Dad winked at Momma and me while the fish jumped into our boat. He said, “After my hook stuck your momma’s cheek, she kissed me and danced to my songs.”
We couldn’t see him sitting on the rear seat because the fish had piled as high as his head. Those slippery, floppy things loved his voice that sang old ballads about water monsters and river pirates. He was born in the Tennessee River, a drinker of silt and an eater of worms. With every note he released, the fish breathed him in and breathed their own lives out.
Back at home, they sizzled in the pan. Once they finished frying, I helped Momma pluck the slivers of bones. With greasy fingers, I opened a trash bag and filled it with pieces of skeletons. Carrying the garbage out, I noticed Dad singing a song to a new neighbor. Her clothes were damp and her shoes were muddy even though the river was miles away.
Each night his cold food remained on his plate while we waited at the table.
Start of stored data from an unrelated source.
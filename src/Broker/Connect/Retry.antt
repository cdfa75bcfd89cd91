-- ===== src/Broker/Connect/Retry.antt =====
-- shared/pkg/broker/rabbitmq.go: the loop of ConnectWithRetry.
use price_scount.Base.{
  ℕ, zero, suc, ◌+◌, ◌*◌, ◌<◌, ◌≡◌, refl, ◌⊎◌, inl, inr, Option, none, some, arith,
}
use price_scount.Broker.{BrokerError, done, failed, Connection}
use price_scount.Broker.Connect.{
  Dialing, new_connection, Connected, give_up, connect_from, connect_with_retry, after_sleep,
}
use price_scount.Broker.Publish.Attempts.{Answer-cases}

module _ (dialing : ℕ → Dialing) where
  -- The first `k` attempts from the i-th one fail.
  abbrev pub Fails : ℕ → ℕ → Type 0
  Fails i k = (j : ℕ) → j < k → (e : BrokerError) × (new_connection (dialing (i + j)) ≡ failed e)

  -- After `k` failures the loop has slept for 2 (i + ... + (i + k - 1)) seconds.
  abbrev Ends : ℕ → ℕ → Connected → Type 0
  Ends left i r =
      ((k : ℕ) × (c : Connection) × (k < left)
        × Fails i k
        × (new_connection (dialing (i + k)) ≡ done c)
        × (r.answer ≡ done c)
        × (r.attempts ≡ suc k)
        × (r.slept + k ≡ k * (2 * i + k)))
      ⊎ ((e : BrokerError) × Fails i left
          × (r.answer ≡ failed e)
          × (r.attempts ≡ left)
          × (r.slept + left ≡ left * (2 * i + left)))

  Fails-suc :
      (i k : ℕ) (e : BrokerError)
      → new_connection (dialing i) ≡ failed e
      → Fails (i + 1) k
      → Fails i (suc k)
  Fails-suc i k e h f zero lt = (e, let here : i + 0 ≡ i = omega arith in rw here h)
  Fails-suc i k e h f (suc j) lt =
      let there : i + suc j ≡ i + 1 + j = omega arith in rw there (f j (omega arith))

  connect_from-Ends :
      (left i : ℕ) (last : Option BrokerError) → Ends left i (connect_from dialing left i last)
  connect_from-Ends zero i last =
      let step : connect_from dialing zero i last
          ≡ record { answer = failed (give_up last); attempts = 0; slept = 0 } =
        unfold connect_from in refl in
      rw step (inr (give_up last, λ j lt. absurd (omega arith), refl, refl, omega arith))
  connect_from-Ends (suc left) i last = elim (Answer-cases (new_connection (dialing i))) [
    | inl (c, e) ↦
        let step : connect_from dialing (suc left) i last
            ≡ record { answer = done c; attempts = 1; slept = 0 } =
          unfold connect_from in ground (arith, e) in
        let here : i + 0 ≡ i = omega arith in
        rw step (
          inl (0, c, omega arith, λ j lt. absurd (omega arith), rw here e, refl, refl, omega arith))
    | inr (x, e) ↦
        let step : connect_from dialing (suc left) i last
            ≡ after_sleep (i * 2) (connect_from dialing left (i + 1) (some x)) =
          unfold connect_from in ground (arith, e) in
        let there : (k : ℕ) → i + suc k ≡ i + 1 + k = λ k. omega arith in
        rw step (elim (connect_from-Ends left (i + 1) (some x)) [
          | inl (k, c, lt, f, made, answer, attempts, slept) ↦ inl (
            suc k,
            c,
            omega arith,
            Fails-suc i k x e f,
            rw (there k) made,
            answer,
            omega (arith, attempts),
            grind (arith, slept),
          )
          | inr (y, f, answer, attempts, slept) ↦
              inr (y, Fails-suc i left x e f, answer, omega (arith, attempts), grind (arith, slept))
        ])
  ]

  -- The two ends of ConnectWithRetry, in seconds of sleep.
  abbrev pub Exact : ℕ → Connected → Type 0
  Exact max_attempts r =
      ((k : ℕ) × (c : Connection) × (k < max_attempts)
        × Fails 1 k
        × (new_connection (dialing (1 + k)) ≡ done c)
        × (r.answer ≡ done c)
        × (r.attempts ≡ suc k)
        × (r.slept ≡ k * (k + 1)))
      ⊎ ((e : BrokerError) × Fails 1 max_attempts
          × (r.answer ≡ failed e)
          × (r.attempts ≡ max_attempts)
          × (r.slept ≡ max_attempts * (max_attempts + 1)))

  -- ConnectWithRetry ends after at most the given number of attempts. Either it returns the
  -- connection of the first attempt that succeeds, after k failures and k (k + 1) seconds of sleep,
  -- or every attempt fails, and it returns an error after sleeping once more.
  pub connect_with_retry-Exact :
      (max_attempts : ℕ) → Exact max_attempts (connect_with_retry dialing max_attempts)
  unfolding connect_with_retry
  connect_with_retry-Exact n = elim (connect_from-Ends n 1 none) [
    | inl (k, c, lt, f, made, answer, attempts, slept) ↦
        inl (k, c, lt, f, made, answer, attempts, grind (arith, slept))
    | inr (e, f, answer, attempts, slept) ↦ inr (e, f, answer, attempts, grind (arith, slept))
  ]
He returned each morning with fish falling out of the pockets of his oilskin jacket.
One night I found Momma submerged under her bath water. I kneeled beside the tub, coaxing her to open her eyes, hoping for bubbles to pop over the water’s surface. Only her hair moved. I pulled her up, water splashing my clothes, and asked her what was wrong.
“I want to feel like a caught fish again,” she said. “But hooks are easily removed.”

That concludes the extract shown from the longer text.